Contrasts
Schedule
Sun Nov 03 2024 at 03:00 pm to 05:30 pm
UTC-05:00Location
Trinity-St. Paul's United Church and Centre for Faith, Justice and the Arts | Toronto, ON
About this Event
Tickets - $40*
Sunday, November 3, 2024 at 3:00 PM
Trinity St. Paul's Centre, Jeanne Lamon Hall
Tickets will be for general seating.
Out of respect for our guests, our performance is a scent-free environment.
The String Quartet No. 1 in E-flat major, Op. 12, was composed by Felix Mendelssohn in 1829, completed in London September 14 (though begun in Berlin) and possibly dedicated to Betty Pistor, a neighbor and the daughter of a Berlin astronomer.

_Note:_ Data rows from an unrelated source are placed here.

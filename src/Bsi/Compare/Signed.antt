-- ===== src/Bsi/Compare/Signed.antt =====
-- `compareValue` decides the order of `int64`.
use mathlib.Core.Bool.{false≢true}
use bitstar.Base.{
  ℕ, ◌+◌, ◌%◌, ◌^◌, ◌≤◌, ◌<◌, ◌≡◌, ◌≢◌, refl, ◌∙◌, Bool, true, false, differ, arith, if◌then◌else◌,
  length, weight, negate, compare, some, signed_rank, leb, ltb, ◌==◌, ◌↔◌, is_negative,
}
use bitstar.Roaring.{Roaring}
use bitstar.Bsi.Defs.{Bsi}
use bitstar.Bsi.Value.{slices_value}
use bitstar.Bsi.Compare.Defs.{Operation, compare_column, decision}
use bitstar.Bsi.Compare.Column.{judged, compare_column-Compared}

module _ (l m k : ℕ) (hl : l < 2 ^ 63) (hm : m < 2 ^ 63) where
  judged-le :
      (n s : Bool)
      → judged Operation.le n s (compare l (if differ n s then k else m))
        ≡ some (leb (signed_rank (l + weight n 63)) (signed_rank (m + weight s 63)))
  unfolding decision
  judged-le true true = ground arith
  judged-le true false = ground arith
  judged-le false true = ground arith
  judged-le false false = ground arith

  judged-ge :
      (n s : Bool)
      → judged Operation.ge n s (compare l (if differ n s then k else m))
        ≡ some (leb (signed_rank (m + weight s 63)) (signed_rank (l + weight n 63)))
  unfolding decision
  judged-ge true true = ground arith
  judged-ge true false = ground arith
  judged-ge false true = ground arith
  judged-ge false false = ground arith

  -- Strict comparisons and equality go by the low parts alone, so they are right unless the signs
  -- differ and the low parts agree.
  judged-lt :
      (n s : Bool)
      → (differ n s ≡ true → l ≢ k)
      → judged Operation.lt n s (compare l (if differ n s then k else m))
        ≡ some (ltb (signed_rank (l + weight n 63)) (signed_rank (m + weight s 63)))
  unfolding decision
  judged-lt true true h = ground arith
  judged-lt true false h = ground (arith, h refl)
  judged-lt false true h = ground (arith, h refl)
  judged-lt false false h = ground arith

  judged-gt :
      (n s : Bool)
      → (differ n s ≡ true → l ≢ k)
      → judged Operation.gt n s (compare l (if differ n s then k else m))
        ≡ some (ltb (signed_rank (m + weight s 63)) (signed_rank (l + weight n 63)))
  unfolding decision
  judged-gt true true h = ground arith
  judged-gt true false h = ground (arith, h refl)
  judged-gt false true h = ground (arith, h refl)
  judged-gt false false h = ground arith

  judged-eq :
      (n s : Bool)
      → (differ n s ≡ true → l ≢ k)
      → judged Operation.eq n s (compare l (if differ n s then k else m))
        ≡ some ((l + weight n 63) == (m + weight s 63))
  unfolding decision
  judged-eq true true h = ground arith
  judged-eq true false h = ground (arith, h refl)
  judged-eq false true h = ground (arith, h refl)
  judged-eq false false h = ground arith

  judged_mirrored :
      (n s : Bool)
      → differ n s ≡ true
      → l ≡ k
      → (judged Operation.eq n s (compare l (if differ n s then k else m)) ≡ some true)
        × (judged Operation.lt n s (compare l (if differ n s then k else m)) ≡ some false)
        × (judged Operation.gt n s (compare l (if differ n s then k else m)) ≡ some false)
  unfolding decision
  judged_mirrored true true h e = absurd (false≢true h)
  judged_mirrored true false h e = ground arith
  judged_mirrored false true h e = ground arith
  judged_mirrored false false h e = absurd (false≢true h)

-- The value has the opposite sign of the bound and the same distance from 0, or they are 0 and the
-- least `int64`.
abbrev pub Mirrored : ℕ → ℕ → Type 0
Mirrored held value =
    (differ (is_negative held) (is_negative value) ≡ true) × ((held + value) % 2 ^ 63 ≡ 0)

module _ (R : Roaring) (b : Bsi R.Bitmap) (narrow : length b.b_a ≤ 64) (value end_value c : ℕ)
    (small : value < 2 ^ 64) where
  abbrev held : ℕ
  held = slices_value R c 0 b.b_a

  -- `LE` accepts a column exactly when its value is at most the bound, as an `int64`.
  pub compare_column-le :
      compare_column R b Operation.le value end_value c
      ≡ some (leb (signed_rank held) (signed_rank value))
  compare_column-le =
      let t = compare_column-Compared R b narrow Operation.le refl value end_value c small in
      t.outcome
      ∙ judged-le t.l t.m (negate value % 2 ^ 63) t.l_small t.m_small t.is_negative
          t.start_is_negative
      ∙ rw (← t.held_is, ← t.value_is)

  -- `GE` accepts a column exactly when its value is at least the bound, as an `int64`.
  pub compare_column-ge :
      compare_column R b Operation.ge value end_value c
      ≡ some (leb (signed_rank value) (signed_rank held))
  compare_column-ge =
      let t = compare_column-Compared R b narrow Operation.ge refl value end_value c small in
      t.outcome
      ∙ judged-ge t.l t.m (negate value % 2 ^ 63) t.l_small t.m_small t.is_negative
          t.start_is_negative
      ∙ rw (← t.held_is, ← t.value_is)

  -- Equal low parts of two values of different sign mean that they are mirrored.
  Mirrored-iff :
      (n s : Bool) (l m : ℕ)
      → l < 2 ^ 63
      → m < 2 ^ 63
      → held ≡ l + weight n 63
      → value ≡ m + weight s 63
      → Mirrored held value ↔ (differ n s ≡ true) × (l ≡ negate value % 2 ^ 63)
  unfolding negate
  Mirrored-iff true true l m hl hm e f = ground arith
  Mirrored-iff true false l m hl hm e f = ground arith
  Mirrored-iff false true l m hl hm e f = ground arith
  Mirrored-iff false false l m hl hm e f = ground arith

  differs :
      (n s : Bool) (l m : ℕ)
      → l < 2 ^ 63
      → m < 2 ^ 63
      → held ≡ l + weight n 63
      → value ≡ m + weight s 63
      → ¬ Mirrored held value
      → differ n s ≡ true
      → l ≢ negate value % 2 ^ 63
  differs n s l m hl hm e f different d low_eq =
      different ((Mirrored-iff n s l m hl hm e f).1 (d, low_eq))

  -- On an index of at most 64 slices and for a bound of 64 bits, `LT`, `GT` and `EQ` decide the order
  -- and the equality of `int64` at a column whose value does not mirror the bound: the two do not
  -- have different signs and a sum that is 0 in the low 63 bits.
  pub compare_column_strict :
      ¬ Mirrored held value
      → (compare_column R b Operation.lt value end_value c
          ≡ some (ltb (signed_rank held) (signed_rank value)))
        × (compare_column R b Operation.gt value end_value c
            ≡ some (ltb (signed_rank value) (signed_rank held)))
        × (compare_column R b Operation.eq value end_value c ≡ some (held == value))
  compare_column_strict different = (
    let t = compare_column-Compared R b narrow Operation.lt refl value end_value c small in
        t.outcome
        ∙ judged-lt t.l t.m (negate value % 2 ^ 63) t.l_small t.m_small t.is_negative
            t.start_is_negative
            (differs t.is_negative t.start_is_negative t.l t.m t.l_small t.m_small t.held_is
              t.value_is different)
        ∙ rw (← t.held_is, ← t.value_is),
    let t = compare_column-Compared R b narrow Operation.gt refl value end_value c small in
        t.outcome
        ∙ judged-gt t.l t.m (negate value % 2 ^ 63) t.l_small t.m_small t.is_negative
            t.start_is_negative
            (differs t.is_negative t.start_is_negative t.l t.m t.l_small t.m_small t.held_is
              t.value_is different)
        ∙ rw (← t.held_is, ← t.value_is),
    let t = compare_column-Compared R b narrow Operation.eq refl value end_value c small in
        t.outcome
        ∙ judged-eq t.l t.m (negate value % 2 ^ 63) t.l_small t.m_small t.is_negative
            t.start_is_negative
            (differs t.is_negative t.start_is_negative t.l t.m t.l_small t.m_small t.held_is
              t.value_is different)
        ∙ rw (← t.held_is, ← t.value_is),
  )

  -- On an index of at most 64 slices and for a bound of 64 bits, `EQ` accepts a column whose value
  -- mirrors the bound, and `LT` and `GT` refuse it, although the two differ: they have different
  -- signs and a sum that is 0 in the low 63 bits.
  pub compare_column-Mirrored :
      Mirrored held value
      → (compare_column R b Operation.eq value end_value c ≡ some true)
        × (compare_column R b Operation.lt value end_value c ≡ some false)
        × (compare_column R b Operation.gt value end_value c ≡ some false)
        × (held ≢ value)
  compare_column-Mirrored mirrored = (
    let t = compare_column-Compared R b narrow Operation.eq refl value end_value c small in
        let (d, low_eq) =
          (Mirrored-iff t.is_negative t.start_is_negative t.l t.m t.l_small t.m_small t.held_is
              t.value_is).0
            mirrored in
        t.outcome
        ∙ (judged_mirrored t.l t.m (negate value % 2 ^ 63) t.l_small t.m_small t.is_negative
            t.start_is_negative d low_eq).0,
    let t = compare_column-Compared R b narrow Operation.lt refl value end_value c small in
        let (d, low_eq) =
          (Mirrored-iff t.is_negative t.start_is_negative t.l t.m t.l_small t.m_small t.held_is
              t.value_is).0
            mirrored in
        t.outcome
        ∙ (judged_mirrored t.l t.m (negate value % 2 ^ 63) t.l_small t.m_small t.is_negative
            t.start_is_negative d low_eq).1,
    let t = compare_column-Compared R b narrow Operation.gt refl value end_value c small in
        let (d, low_eq) =
          (Mirrored-iff t.is_negative t.start_is_negative t.l t.m t.l_small t.m_small t.held_is
              t.value_is).0
            mirrored in
        t.outcome
        ∙ (judged_mirrored t.l t.m (negate value % 2 ^ 63) t.l_small t.m_small t.is_negative
            t.start_is_negative d low_eq).2,
    λ same_value. ground (arith, mirrored.0),
  )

By this point, Mendelssohn was already twenty years old, which in today’s society, looking at most twenty-year-olds, seems young and quite wet behind the ears, but remember: Young Felix had an early start. By the time he was twenty, he’d written a dozen string symphonies, his first full symphony, piano quartets, songs for voice and piano, and an opera. In fact, the op. 12 comes right after the first symphony, which is op. 11.
(2023 fugueforthought)
Like so many of his contemporaries, in addition to his professional work as a composer, teacher, administrator and musicologist, Robert Müller-Hartmann (1884-1950) had a broad range of intellectual interests. He enjoyed considerable success in Germany with major conductors like Richard Strauss, Fritz Busch, and Otto Klemperer performing his works. Fired from his post at Hamburg University in 1933, he taught at a Jewish girls’ school before fleeing to England in 1937.
(Simon Wynberg)
In the summer of 1960 Shostakovich's work on the score of a Soviet-East German film took him to Dresden, the German city that had been destroyed in 1945 by an Allied firebombing which killed more people than the atomic bombing of Hiroshima. There, in a span of three days, Shostakovich composed a quartet inscribed “In memory of victims of fascism and war.”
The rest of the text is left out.